_TASK PROMPT_
Write out the entries, please, from the line containing "group_found same rows" through their final line, exactly and with nothing else.

Stored data:
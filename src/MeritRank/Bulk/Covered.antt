-- ===== src/MeritRank/Bulk/Covered.antt =====
-- Each edge that meritrank_init leaves is one that meritrank_bulk_init selects (meritmolt/schema/ddl.py).
use meritmolt.Prelude.{
  ◌≡◌, refl, sym, ap, ◌∙◌, ◌⊎◌, inl, inr, ℕ, Bool, true, false, ◌||◌, some, List, [], ◌∷◌, ◌++◌,
  Among, Among-left, Among-right, keep_if-Among, and_parts, Bool-cases,
}
use meritmolt.Text.{Text, same_text, same_text_refl, same_text→≡}
use meritmolt.Subscriptions.{Subscribe, Call, mm_pgmer_prefix, notify_put}
use meritmolt.Subscriptions.Edges.{edge_after}
use meritmolt.MeritRank.{Post, Comment, Names, Lake, post_board, find_post, distinct_from_post}
use meritmolt.MeritRank.Nodes.{
  Node, user_node, post_node, comment_node, prefix_plain, is_hit, weight_after,
}
use meritmolt.MeritRank.Weights.{touches_post}
use meritmolt.MeritRank.Touched.{upvotes_post, touches_row}
use meritmolt.MeritRank.Sound.{IsSound, post_in, comment_in}
use meritmolt.MeritRank.Bulk.{
  BulkEdge, select, group_by, subscribe_edge, post_to_author, author_to_post, comment_to_author,
  author_to_comment, joined_comments, has_post, upvotes, same_upvote, upvote_edge, on_others,
  init_subscribes,
}
use meritmolt.MeritRank.Bulk.Groups.{select-Among, group_found}
use meritmolt.MeritRank.Bulk.Rows.{row_hits, row_hits-is_hit}

pub or_cases : (p q : Bool) → (p || q) ≡ true → (p ≡ true) ⊎ (q ≡ true)
or_cases true q h = inl refl
or_cases false q h = inr h

-- A row about the edge.
module _ (s d : Node) (b : Text) where
  abbrev pub IsAmongst : List BulkEdge → Type 0
  IsAmongst rows = (row : BulkEdge) × Among row rows × (row_hits s d b row ≡ true)

  pub left_rows : (xs ys : List BulkEdge) → IsAmongst xs → IsAmongst (xs ++ ys)
  left_rows xs ys (row, m, t) = (row, Among-left row xs ys m, t)

  pub right_rows : (xs ys : List BulkEdge) → IsAmongst ys → IsAmongst (xs ++ ys)
  right_rows xs ys (row, m, t) = (row, Among-right row xs ys m, t)

  pub select_row :
      {A : Type 0} (f : A → BulkEdge) (xs : List A) (x : A)
      → Among x xs
      → row_hits s d b (f x) ≡ true
      → IsAmongst (select f xs)
  select_row f xs x m t = (f x, select-Among f xs x m, t)

  -- An edge that the loop over subscribe leaves.
  pub subscribe_row :
      (rest : List Subscribe) (calls : List Call) (w : ℕ)
      → weight_after s d b (init_subscribes rest calls) ≡ some w
      → IsAmongst (select subscribe_edge rest) ⊎ (weight_after s d b calls ≡ some w)
  unfolding init_subscribes edge_after notify_put
  subscribe_row [] calls w h = inr h
  subscribe_row (x ∷ rest) calls w h = elim (subscribe_row rest (notify_put x calls) w h) [
    | inl (row, m, t) ↦ inl (row, inr m, t)
    | inr e ↦ elim (Bool-cases (row_hits s d b (subscribe_edge x))) [
      | inl t ↦ inl (subscribe_edge x, inl refl, t)
      | inr f ↦ inr (rw f at e)
    ]
  ]

module _ (names : Names) (lake : Lake) (s d : Node) (b : Text) (sound : IsSound lake) where
  -- An edge that the calls of a post are about.
  pub post_row :
      (p : Post)
      → Among p lake.posts
      → touches_post s d b names p ≡ true
      → IsAmongst s d b (select (post_to_author names lake.posts lake.comments) lake.posts)
        ⊎ IsAmongst s d b (select (author_to_post names lake.posts lake.comments) lake.posts)
  unfolding touches_post post_to_author author_to_post
  post_row p m t =
      let (found, k, l) = post_in lake sound p m in
      let there = author_to_post names lake.posts lake.comments in
      let back = post_to_author names lake.posts lake.comments in
      elim (or_cases _ _ t) [
        | inl u ↦ inr (
            select_row s d b there lake.posts p m (
              row_hits-is_hit s d b (user_node p.author_id) (post_node p.id) (there p)
                (prefix_plain 85 p.author_id l) (prefix_plain 66 p.id k)
              ∙ u))
        | inr u ↦ inl (
            select_row s d b back lake.posts p m (
              row_hits-is_hit s d b (post_node p.id) (user_node p.author_id) (back p)
                (prefix_plain 66 p.id k) (prefix_plain 85 p.author_id l)
              ∙ u))
      ]

  joined_row :
      (c : Comment)
      → Among c lake.comments
      → Among c (joined_comments names lake.posts lake.comments)
  joined_row c m =
      keep_if-Among (λ x. has_post lake.posts x.post_id) lake.comments c m
        (rw (comment_in lake sound c m).on_post refl)

  -- An edge between a comment and its author.
  pub comment_row :
      (c : Comment)
      → Among c lake.comments
      → touches_row names lake.posts lake.comments s d b c ≡ true
      → IsAmongst s d b (
          select
            (comment_to_author names lake.posts lake.comments)
            (joined_comments names lake.posts lake.comments))
        ⊎ IsAmongst s d b (
            select
              (author_to_comment names lake.posts lake.comments)
              (joined_comments names lake.posts lake.comments))
  unfolding comment_to_author author_to_comment
  comment_row c m t =
      let (k, l, n, o) = (comment_in lake sound c m).plain in
      let there = author_to_comment names lake.posts lake.comments in
      let back = comment_to_author names lake.posts lake.comments in
      elim (or_cases _ _ t) [
        | inl u ↦ inr (
            select_row s d b there _ c (joined_row c m) (
              row_hits-is_hit s d b (user_node c.author_id) (comment_node c.id) (there c)
                (prefix_plain 85 c.author_id l) (prefix_plain 67 c.id k)
              ∙ u))
        | inr u ↦ inl (
            select_row s d b back _ c (joined_row c m) (
              row_hits-is_hit s d b (comment_node c.id) (user_node c.author_id) (back c)
                (prefix_plain 67 c.id k) (prefix_plain 85 c.author_id l)
              ∙ u))
      ]

  upvote_chain :
      (x y z : Comment)
      → same_upvote names lake.posts lake.comments x y ≡ true
      → same_upvote names lake.posts lake.comments y z ≡ true
      → same_upvote names lake.posts lake.comments x z ≡ true
  upvote_chain x y z h k =
      let (p, q) =
        and_parts (same_text y.author_id x.author_id) (same_text y.post_id x.post_id) h in
      let e = same_text→≡ y.author_id x.author_id p in
      let f = same_text→≡ y.post_id x.post_id q in rw (← e, ← f) k

  upvote_self : (x : Comment) → same_upvote names lake.posts lake.comments x x ≡ true
  upvote_self x = rw (same_text_refl x.author_id) (same_text_refl x.post_id)

  -- The author's edge to another's post.
  pub upvote_row :
      (c : Comment)
      → Among c lake.comments
      → upvotes_post names lake.posts lake.comments s d b c ≡ true
      → IsAmongst s d b (
          select (upvote_edge names lake.posts lake.comments) (
            group_by
              (same_upvote names lake.posts lake.comments)
              (upvotes names lake.posts lake.comments)))
  unfolding upvote_edge
  upvote_row c m t =
      let posts = lake.posts in
      let comments = lake.comments in
      let rows = upvotes names posts comments in
      let same = same_upvote names posts comments in
      let h = comment_in lake sound c m in
      let (other, hit) =
        and_parts (distinct_from_post c.author_id (find_post posts c.post_id))
          (is_hit s d b (user_node c.author_id) (post_node c.post_id)
            (post_board names posts c.post_id))
          t in
      let on : has_post posts c.post_id ≡ true = rw h.on_post refl in
      let (x, k, u) =
        group_found same rows c (λ y _. upvote_self y) (λ y z w _ _. upvote_chain y z w)
          (keep_if-Among (on_others posts) comments c m (rw on other)) in
      let (p, q) =
        and_parts (same_text c.author_id x.author_id) (same_text c.post_id x.post_id) u in
      let e = same_text→≡ c.author_id x.author_id p in
      let f = same_text→≡ c.post_id x.post_id q in
      select_row s d b (upvote_edge names posts comments) _ x k (
        row_hits-is_hit s d b (user_node c.author_id) (post_node c.post_id)
          (upvote_edge names posts comments x)
          (ap (mm_pgmer_prefix 85) (sym e) ∙ prefix_plain 85 c.author_id h.plain.1)
          (ap (mm_pgmer_prefix 66) (sym f) ∙ prefix_plain 66 c.post_id h.plain.2)
        ∙ (rw (← f) hit))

_ANSWER TO THIS PROBLEM_
        group_found same rows c (λ y _. upvote_self y) (λ y z w _ _. upvote_chain y z w)
          (keep_if-Among (on_others posts) comments c m (rw on other)) in
      let (p, q) =
        and_parts (same_text c.author_id x.author_id) (same_text c.post_id x.post_id) u in
      let e = same_text→≡ c.author_id x.author_id p in
      let f = same_text→≡ c.post_id x.post_id q in
      select_row s d b (upvote_edge names posts comments) _ x k (
        row_hits-is_hit s d b (user_node c.author_id) (post_node c.post_id)
          (upvote_edge names posts comments x)
          (ap (mm_pgmer_prefix 85) (sym e) ∙ prefix_plain 85 c.author_id h.plain.1)
          (ap (mm_pgmer_prefix 66) (sym f) ∙ prefix_plain 66 c.post_id h.plain.2)
        ∙ (rw (← f) hit))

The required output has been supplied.